*** Data supplied
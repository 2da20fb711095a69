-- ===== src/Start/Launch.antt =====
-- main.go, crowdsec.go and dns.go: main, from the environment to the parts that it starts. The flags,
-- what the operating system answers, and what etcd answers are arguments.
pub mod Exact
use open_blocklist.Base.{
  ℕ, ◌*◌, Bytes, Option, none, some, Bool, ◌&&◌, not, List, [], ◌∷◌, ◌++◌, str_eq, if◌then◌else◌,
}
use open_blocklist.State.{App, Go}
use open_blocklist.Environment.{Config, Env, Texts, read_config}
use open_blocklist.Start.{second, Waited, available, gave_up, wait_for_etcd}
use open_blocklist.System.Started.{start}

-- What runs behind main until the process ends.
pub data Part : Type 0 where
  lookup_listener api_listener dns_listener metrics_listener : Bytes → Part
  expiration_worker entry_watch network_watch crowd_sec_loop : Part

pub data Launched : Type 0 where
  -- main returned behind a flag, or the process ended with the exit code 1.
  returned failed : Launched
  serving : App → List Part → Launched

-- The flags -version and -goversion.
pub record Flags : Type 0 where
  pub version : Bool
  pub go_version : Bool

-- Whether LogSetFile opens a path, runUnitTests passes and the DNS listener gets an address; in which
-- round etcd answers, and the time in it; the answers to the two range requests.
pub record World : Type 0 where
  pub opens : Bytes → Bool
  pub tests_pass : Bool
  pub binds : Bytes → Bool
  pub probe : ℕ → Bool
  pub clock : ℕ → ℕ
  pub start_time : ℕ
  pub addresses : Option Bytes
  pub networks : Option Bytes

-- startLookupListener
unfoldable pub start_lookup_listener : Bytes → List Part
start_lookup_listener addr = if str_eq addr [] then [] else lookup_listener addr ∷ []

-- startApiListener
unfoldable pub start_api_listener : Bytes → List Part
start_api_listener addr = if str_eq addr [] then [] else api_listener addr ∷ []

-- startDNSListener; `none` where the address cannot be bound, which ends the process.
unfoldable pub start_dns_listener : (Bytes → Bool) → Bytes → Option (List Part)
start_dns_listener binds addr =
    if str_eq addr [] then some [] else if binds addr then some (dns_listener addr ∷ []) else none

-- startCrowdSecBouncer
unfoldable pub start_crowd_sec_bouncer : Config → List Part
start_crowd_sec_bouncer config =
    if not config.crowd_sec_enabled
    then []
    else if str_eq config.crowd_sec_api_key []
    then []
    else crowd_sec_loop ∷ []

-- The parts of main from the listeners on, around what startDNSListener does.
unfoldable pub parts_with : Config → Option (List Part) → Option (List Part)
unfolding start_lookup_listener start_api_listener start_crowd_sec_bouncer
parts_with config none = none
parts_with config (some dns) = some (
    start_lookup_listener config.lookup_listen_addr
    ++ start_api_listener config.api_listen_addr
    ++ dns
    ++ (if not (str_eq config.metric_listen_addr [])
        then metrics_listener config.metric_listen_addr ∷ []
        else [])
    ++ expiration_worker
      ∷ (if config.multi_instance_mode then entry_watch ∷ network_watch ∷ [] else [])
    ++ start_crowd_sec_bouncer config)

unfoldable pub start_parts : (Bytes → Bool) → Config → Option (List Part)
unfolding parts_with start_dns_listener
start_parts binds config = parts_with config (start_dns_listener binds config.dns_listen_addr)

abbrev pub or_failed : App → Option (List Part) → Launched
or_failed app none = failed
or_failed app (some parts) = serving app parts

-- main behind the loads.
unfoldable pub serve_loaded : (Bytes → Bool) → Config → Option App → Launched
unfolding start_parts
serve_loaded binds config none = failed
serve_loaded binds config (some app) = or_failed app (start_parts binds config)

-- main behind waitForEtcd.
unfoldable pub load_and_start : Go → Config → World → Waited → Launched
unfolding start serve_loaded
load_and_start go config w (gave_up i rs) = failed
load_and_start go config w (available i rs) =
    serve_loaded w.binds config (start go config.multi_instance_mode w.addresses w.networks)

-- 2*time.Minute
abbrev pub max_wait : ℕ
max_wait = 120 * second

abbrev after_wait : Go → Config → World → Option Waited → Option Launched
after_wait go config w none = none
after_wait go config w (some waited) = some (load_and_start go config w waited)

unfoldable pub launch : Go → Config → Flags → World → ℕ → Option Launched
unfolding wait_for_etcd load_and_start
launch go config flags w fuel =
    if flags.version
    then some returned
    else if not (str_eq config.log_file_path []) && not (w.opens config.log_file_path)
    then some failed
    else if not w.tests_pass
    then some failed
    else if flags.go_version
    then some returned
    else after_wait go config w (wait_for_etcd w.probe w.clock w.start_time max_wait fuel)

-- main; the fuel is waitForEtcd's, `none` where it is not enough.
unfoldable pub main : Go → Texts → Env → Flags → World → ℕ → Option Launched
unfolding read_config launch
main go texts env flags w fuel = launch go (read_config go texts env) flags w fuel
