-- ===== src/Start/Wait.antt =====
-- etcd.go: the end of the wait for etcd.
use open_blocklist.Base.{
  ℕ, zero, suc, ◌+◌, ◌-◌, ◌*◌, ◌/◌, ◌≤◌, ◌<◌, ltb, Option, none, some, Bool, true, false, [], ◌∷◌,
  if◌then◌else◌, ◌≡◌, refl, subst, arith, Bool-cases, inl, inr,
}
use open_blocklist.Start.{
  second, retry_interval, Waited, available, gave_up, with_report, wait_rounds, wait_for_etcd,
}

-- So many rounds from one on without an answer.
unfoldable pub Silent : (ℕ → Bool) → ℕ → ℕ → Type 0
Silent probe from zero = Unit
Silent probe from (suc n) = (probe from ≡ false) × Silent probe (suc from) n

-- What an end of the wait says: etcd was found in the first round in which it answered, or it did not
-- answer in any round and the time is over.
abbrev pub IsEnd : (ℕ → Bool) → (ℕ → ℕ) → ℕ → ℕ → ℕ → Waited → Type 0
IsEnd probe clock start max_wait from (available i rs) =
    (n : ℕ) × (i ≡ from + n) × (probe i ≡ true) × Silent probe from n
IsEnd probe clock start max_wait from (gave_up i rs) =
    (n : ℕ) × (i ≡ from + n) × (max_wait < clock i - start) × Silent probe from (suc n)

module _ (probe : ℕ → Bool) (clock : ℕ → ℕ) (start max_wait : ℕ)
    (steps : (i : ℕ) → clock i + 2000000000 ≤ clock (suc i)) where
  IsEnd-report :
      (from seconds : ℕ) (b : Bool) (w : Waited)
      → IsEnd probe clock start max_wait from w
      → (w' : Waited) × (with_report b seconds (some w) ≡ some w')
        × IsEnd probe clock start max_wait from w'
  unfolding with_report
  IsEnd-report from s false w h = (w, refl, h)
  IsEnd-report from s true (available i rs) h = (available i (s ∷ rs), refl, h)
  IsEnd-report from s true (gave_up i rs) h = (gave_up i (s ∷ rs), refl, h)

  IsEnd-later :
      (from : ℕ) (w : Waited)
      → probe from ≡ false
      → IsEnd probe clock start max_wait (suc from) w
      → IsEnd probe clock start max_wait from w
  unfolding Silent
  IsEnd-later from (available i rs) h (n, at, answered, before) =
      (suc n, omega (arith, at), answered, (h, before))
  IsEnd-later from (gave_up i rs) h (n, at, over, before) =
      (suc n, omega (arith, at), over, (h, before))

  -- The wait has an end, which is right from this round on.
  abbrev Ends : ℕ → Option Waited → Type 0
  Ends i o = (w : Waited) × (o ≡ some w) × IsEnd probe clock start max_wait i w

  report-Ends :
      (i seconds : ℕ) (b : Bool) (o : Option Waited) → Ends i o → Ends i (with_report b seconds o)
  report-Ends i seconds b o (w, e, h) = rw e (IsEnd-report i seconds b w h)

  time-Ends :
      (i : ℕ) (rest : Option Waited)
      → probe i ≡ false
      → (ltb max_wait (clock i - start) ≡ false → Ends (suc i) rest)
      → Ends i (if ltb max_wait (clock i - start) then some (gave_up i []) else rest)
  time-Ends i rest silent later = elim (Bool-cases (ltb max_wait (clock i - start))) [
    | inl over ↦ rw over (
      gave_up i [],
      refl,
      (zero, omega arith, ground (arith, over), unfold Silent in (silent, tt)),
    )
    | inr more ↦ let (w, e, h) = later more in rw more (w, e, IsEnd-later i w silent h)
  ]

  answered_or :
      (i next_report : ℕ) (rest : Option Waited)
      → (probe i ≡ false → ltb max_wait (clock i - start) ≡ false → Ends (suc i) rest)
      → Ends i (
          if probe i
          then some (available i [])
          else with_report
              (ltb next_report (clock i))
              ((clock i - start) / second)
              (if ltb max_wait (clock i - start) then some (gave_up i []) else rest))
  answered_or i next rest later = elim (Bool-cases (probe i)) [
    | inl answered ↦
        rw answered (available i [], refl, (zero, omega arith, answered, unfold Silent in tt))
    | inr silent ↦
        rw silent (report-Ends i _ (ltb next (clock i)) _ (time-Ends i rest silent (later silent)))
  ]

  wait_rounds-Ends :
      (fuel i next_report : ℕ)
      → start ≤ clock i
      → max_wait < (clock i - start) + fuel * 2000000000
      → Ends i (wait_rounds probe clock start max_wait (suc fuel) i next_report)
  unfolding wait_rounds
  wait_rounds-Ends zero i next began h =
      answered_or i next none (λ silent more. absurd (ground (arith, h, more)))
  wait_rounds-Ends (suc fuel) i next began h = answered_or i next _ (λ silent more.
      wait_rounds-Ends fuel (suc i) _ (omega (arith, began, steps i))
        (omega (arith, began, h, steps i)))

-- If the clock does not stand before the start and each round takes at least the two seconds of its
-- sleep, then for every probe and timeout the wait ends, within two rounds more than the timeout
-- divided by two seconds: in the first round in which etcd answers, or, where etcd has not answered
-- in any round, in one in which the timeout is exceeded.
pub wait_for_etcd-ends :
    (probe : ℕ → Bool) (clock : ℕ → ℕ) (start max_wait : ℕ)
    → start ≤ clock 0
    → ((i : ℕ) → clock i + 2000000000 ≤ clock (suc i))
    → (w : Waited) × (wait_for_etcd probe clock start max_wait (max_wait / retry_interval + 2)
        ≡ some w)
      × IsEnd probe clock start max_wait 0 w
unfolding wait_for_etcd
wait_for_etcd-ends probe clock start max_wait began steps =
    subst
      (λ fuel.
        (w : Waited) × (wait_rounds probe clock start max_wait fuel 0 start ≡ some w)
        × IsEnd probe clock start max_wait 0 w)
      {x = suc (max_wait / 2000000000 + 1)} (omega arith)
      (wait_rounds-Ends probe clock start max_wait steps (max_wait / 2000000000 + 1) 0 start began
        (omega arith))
******
| Aim of the exercise |
Name the number of lines in the listing that contain the word "which", and only that number.

| Result |
6